Assessing the hydrological impacts of land use/cover change in the Ouémé river basin, West Africa

¹Kwame Nkrumah University of Science and Technology, Dept. of Civil Engineering (WASCAL), Ghana
²Technical University of Munich, Chair of Hydrology and River Basin Management, Germany
³Kwame Nkrumah University of Science and Technology (KNUST), Dept. of Agricultural and Biosystems Engineering, Ghana

Abstract

Population growth, unsustainable land-use practices, and climate change pose significant challenges to agri-food systems. This study examined the relationships between land use/cover change and changes in water balance within the Ouémé River Basin, which are essential for developing sustainable agroecological strategies.
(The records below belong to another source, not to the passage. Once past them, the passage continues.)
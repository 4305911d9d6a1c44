-- ===== src/Aws/Device/Laws.antt =====
-- Which device index `nextAvailableDeviceIndex` of pkg/aws/eni_manager.go picks.
use multus_multivpc_cni.Base.{ℕ, zero, suc, ◌+◌, ◌-◌, ◌≤◌, ◌<◌, text_eq, true, false, none, some}
use multus_multivpc_cni.Base.{
  List, [], ◌∷◌, Option, Option-cases, ◌↔◌, ◌⊎◌, ◌≢◌, refl, ok, err, contains, Bool-cases, inl, inr,
  ◌≡◌, arith,
}
use native.Mathlib.Decide.{ℕ_discrete}
use multus_multivpc_cni.Base.Int.{ℤ, pos, int_eq}
use multus_multivpc_cni.Aws.Types.{Manager}
use multus_multivpc_cni.Aws.Ec2.{Attachment, InstanceTypeInfo, Instance, Ec2, AwsError}
use multus_multivpc_cni.Aws.Device.{
  used_indices, first_free, max_interfaces, first_instance, index_of_instance,
  next_available_device_index,
}

-- `i` is the lowest index from `low` on that is not used, and lies below `limit`.
record IsLowestFree (used : List ℤ) (low limit i : ℕ) : Type 0 where
  pub from : low ≤ i
  pub below : i < limit
  pub free : contains used (pos i) ≡ false
  pub lowest : (j : ℕ) → low ≤ j → j < i → contains used (pos j) ≡ true

abbrev AllUsed : List ℤ → ℕ → ℕ → Type 0
AllUsed used low limit = (j : ℕ) → low ≤ j → j < limit → contains used (pos j) ≡ true

pick_here :
    (used : List ℤ) (idx n : ℕ)
    → contains used (pos idx) ≡ false
    → IsLowestFree used idx (idx + suc n) idx
pick_here used idx n e = record {
  from = omega arith;
  below = omega arith;
  free = e;
  lowest = λ j a b. absurd (omega arith);
}

-- An index that is used sends the search one further.
skip_used :
    (used : List ℤ) (idx j : ℕ)
    → contains used (pos idx) ≡ true
    → idx ≤ j
    → (idx + 1 ≤ j → contains used (pos j) ≡ true)
    → contains used (pos j) ≡ true
skip_used used idx j e h rest = elim (ℕ_discrete idx j) [
  | yes same ↦ rw (← same) e
  | no other ↦ rest (omega arith)
]

first_free-some :
    (used : List ℤ) (idx n : ℕ) {i : ℕ}
    → first_free used idx n ≡ some i
    → IsLowestFree used idx (idx + n) i
unfolding first_free
first_free-some used idx zero h = cc
first_free-some used idx (suc n) {i} h = elim (Bool-cases (contains used (pos idx))) [
  | inl e ↦
      let r = first_free-some used (idx + 1) n {i = i} (ground arith) in
      record {
        from = omega arith;
        below = omega arith;
        free = r.free;
        lowest = λ j a b. skip_used used idx j e a (λ c. r.lowest j c b);
      }
  | inr e ↦ let same : idx ≡ i = ground arith in rw (← same) (pick_here used idx n e)
]

first_free-none :
    (used : List ℤ) (idx n : ℕ) → first_free used idx n ≡ none → AllUsed used idx (idx + n)
unfolding first_free
first_free-none used idx zero h = λ j a b. absurd (omega arith)
first_free-none used idx (suc n) h = elim (Bool-cases (contains used (pos idx))) [
  | inl e ↦ λ j a b.
      skip_used used idx j e a
        (λ c. first_free-none used (idx + 1) n (ground arith) j c (omega arith))
  | inr e ↦ ground arith
]

-- An attachment of the instance has the index.
abbrev pub IsUsed : List (Option Attachment) → ℕ → Type 0
IsUsed [] j = ⊥
IsUsed (none ∷ rest) j = IsUsed rest j
IsUsed (some a ∷ rest) j = (a.device_index ≡ some (pos j)) ⊎ IsUsed rest j

used_indices_iff :
    (attachments : List (Option Attachment)) (j : ℕ)
    → (contains (used_indices attachments) (pos j) ≡ true) ↔ IsUsed attachments j
unfolding used_indices
used_indices_iff [] j = ground arith
used_indices_iff (none ∷ rest) j = used_indices_iff rest j
used_indices_iff (some a ∷ rest) j = elim (Option-cases a.device_index) [
  | inl h ↦ ground (arith, used_indices_iff rest j)
  | inr (i, h) ↦ ground (arith, used_indices_iff rest j)
]

-- The lowest index from 1 on that no attachment has, below the limit.
pub record IsLowestUnused (attachments : List (Option Attachment)) (limit i : ℕ) : Type 0 where
  pub from : 1 ≤ i
  pub below : i < limit
  pub unused : ¬ IsUsed attachments i
  pub lowest : (j : ℕ) → 1 ≤ j → j < i → IsUsed attachments j

module _ (e : Ec2) where
  -- The limit is what the instance type says, if it is asked and says at least 2.
  abbrev pub IsSaid : Instance → e.State → ℕ → Type 0
  IsSaid inst s limit =
      (s2 : e.State) (t : InstanceTypeInfo) (types : List InstanceTypeInfo) (n : ℕ)
      → inst.instance_type ≢ []
      → e.describe_instance_types inst.instance_type s ≡ (ok (t ∷ types), s2)
      → t.network_info ≡ some (some (pos n))
      → 2 ≤ n
      → limit ≡ n

  max_interfaces-ge : (inst : Instance) (s : e.State) → 2 ≤ (max_interfaces e inst s).0
  unfolding max_interfaces
  max_interfaces-ge inst s = ground arith

  whole :
      (inst : Instance) (s : e.State)
      → 1 + ((max_interfaces e inst s).0 - 1) ≡ (max_interfaces e inst s).0
  whole inst s = omega (arith, max_interfaces-ge inst s)

  next-index_of_instance :
      (m : Manager) (s s1 : e.State) (reservations : List (List Instance)) (inst : Instance)
      → e.describe_instances m.instance_id s ≡ (ok reservations, s1)
      → first_instance reservations ≡ some inst
      → next_available_device_index e m s ≡ index_of_instance e m inst s1
  unfolding next_available_device_index
  next-index_of_instance m s s1 reservations inst described first = ground arith

  index_of_instance-some :
      (m : Manager) (inst : Instance) (s : e.State) {i : ℕ}
      → (index_of_instance e m inst s).0 ≡ ok i
      → first_free (used_indices inst.network_interfaces) 1 ((max_interfaces e inst s).0 - 1)
        ≡ some i
  unfolding index_of_instance
  index_of_instance-some m inst s h = ground arith

  index_of_instance-none :
      (m : Manager) (inst : Instance) (s : e.State) {x : AwsError e.Error}
      → (index_of_instance e m inst s).0 ≡ err x
      → first_free (used_indices inst.network_interfaces) 1 ((max_interfaces e inst s).0 - 1) ≡ none
  unfolding index_of_instance
  index_of_instance-none m inst s h = ground arith

  index_of_instance-IsPicked :
      (m : Manager) (inst : Instance) (s : e.State)
      → let limit = (max_interfaces e inst s).0 in
        let r = (index_of_instance e m inst s).0 in
        ((i : ℕ) → r ≡ ok i → IsLowestFree (used_indices inst.network_interfaces) 1 limit i)
        × ((x : AwsError e.Error)
            → r ≡ err x
            → AllUsed (used_indices inst.network_interfaces) 1 limit)
  index_of_instance-IsPicked m inst s = (
    λ i h. rw (whole inst s) at (
        first_free-some (used_indices inst.network_interfaces) 1 _
          (index_of_instance-some m inst s h)),
    λ x h. rw (whole inst s) at (
        first_free-none (used_indices inst.network_interfaces) 1 _
          (index_of_instance-none m inst s h)),
  )

  -- What the instance type says of its number of interfaces counts, if it is at least 2.
  max_interfaces-said :
      (inst : Instance) (s s2 : e.State) (t : InstanceTypeInfo) (types : List InstanceTypeInfo)
      (n : ℕ)
      → inst.instance_type ≢ []
      → e.describe_instance_types inst.instance_type s ≡ (ok (t ∷ types), s2)
      → t.network_info ≡ some (some (pos n))
      → 2 ≤ n
      → (max_interfaces e inst s).0 ≡ n
  unfolding max_interfaces
  max_interfaces-said inst s s2 t types n named said info enough = ground arith

  -- Once the instance is described, the method picks the lowest device index from 1 up to its limit
  -- that no attachment of the first instance has, and fails only if each of them belongs to one; the
  -- limit is at least 2, and is the number that the instance type says if this is at least 2.
  pub next_available_device_index_lem :
      (m : Manager) (s s1 : e.State) (inst : Instance) (more : List Instance)
      (others : List (List Instance))
      → e.describe_instances m.instance_id s ≡ (ok ((inst ∷ more) ∷ others), s1)
      → let limit = (max_interfaces e inst s1).0 in
        let r = (next_available_device_index e m s).0 in
        (2 ≤ limit)
        × IsSaid inst s1 limit
        × ((i : ℕ) → r ≡ ok i → IsLowestUnused inst.network_interfaces limit i)
        × ((x : AwsError e.Error)
            → r ≡ err x
            → (j : ℕ) → 1 ≤ j
            → j < limit
            → IsUsed inst.network_interfaces j)
  unfolding first_instance
  next_available_device_index_lem m s s1 inst more others described =
      let (picked, failed) = index_of_instance-IsPicked m inst s1 in
      rw (next-index_of_instance m s s1 ((inst ∷ more) ∷ others) inst described refl) (
        max_interfaces-ge inst s1,
        λ s2 t types n. max_interfaces-said inst s1 s2 t types n,
        λ i h.
            let p = picked i h in
            record {
              from = p.from;
              below = p.below;
              unused =
                  λ u. ground (arith, (used_indices_iff inst.network_interfaces i).1 u, p.free);
              lowest = λ j a b. (used_indices_iff inst.network_interfaces j).0 (p.lowest j a b);
            },
        λ x h j a b. (used_indices_iff inst.network_interfaces j).0 (failed x h j a b),
      )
LULC was categorised from Landsat imagery for 1986, 2000, 2015 and 2023 using a supervised classification in Google Earth Engine into five main classes: Forests, Savannah, Settlements/bare lands, Water bodies, and Agricultural lands. These historical maps and climate data from 1998 to 2016 were used to simulate water balance components, including surface runoff, lateral flow, baseflow, aquifer recharge, and actual evapotranspiration, using the Soil and Water Assessment Tool (SWAT). The SWAT model was calibrated using observed discharge data from 1998 to 2008. The relationship between the LULC types and average annual water balance components values at the entire basin scale was then analysed using Partial Least Squares regression. Between 1986 and 2023, Forests and Savannahs declined by 4 % and 24 %, respectively, while Agricultural land and Settlements/bare lands expanded by 28 % and 1 %, respectively. These changes were associated with an increase in surface runoff (32 mm/year) and reductions in baseflow (5 mm/year), lateral flow (6 mm/year), aquifer recharge (22 mm/year) and actual evapotranspiration (6 mm/year). These LULC change trends might increase flood risks, limit water availability, and threaten agricultural productivity. The findings underscore the urgency of promoting agroecological practices that integrate sustainable land management and climate adaptation to ensure resilient agricultural systems and environmental sustainability.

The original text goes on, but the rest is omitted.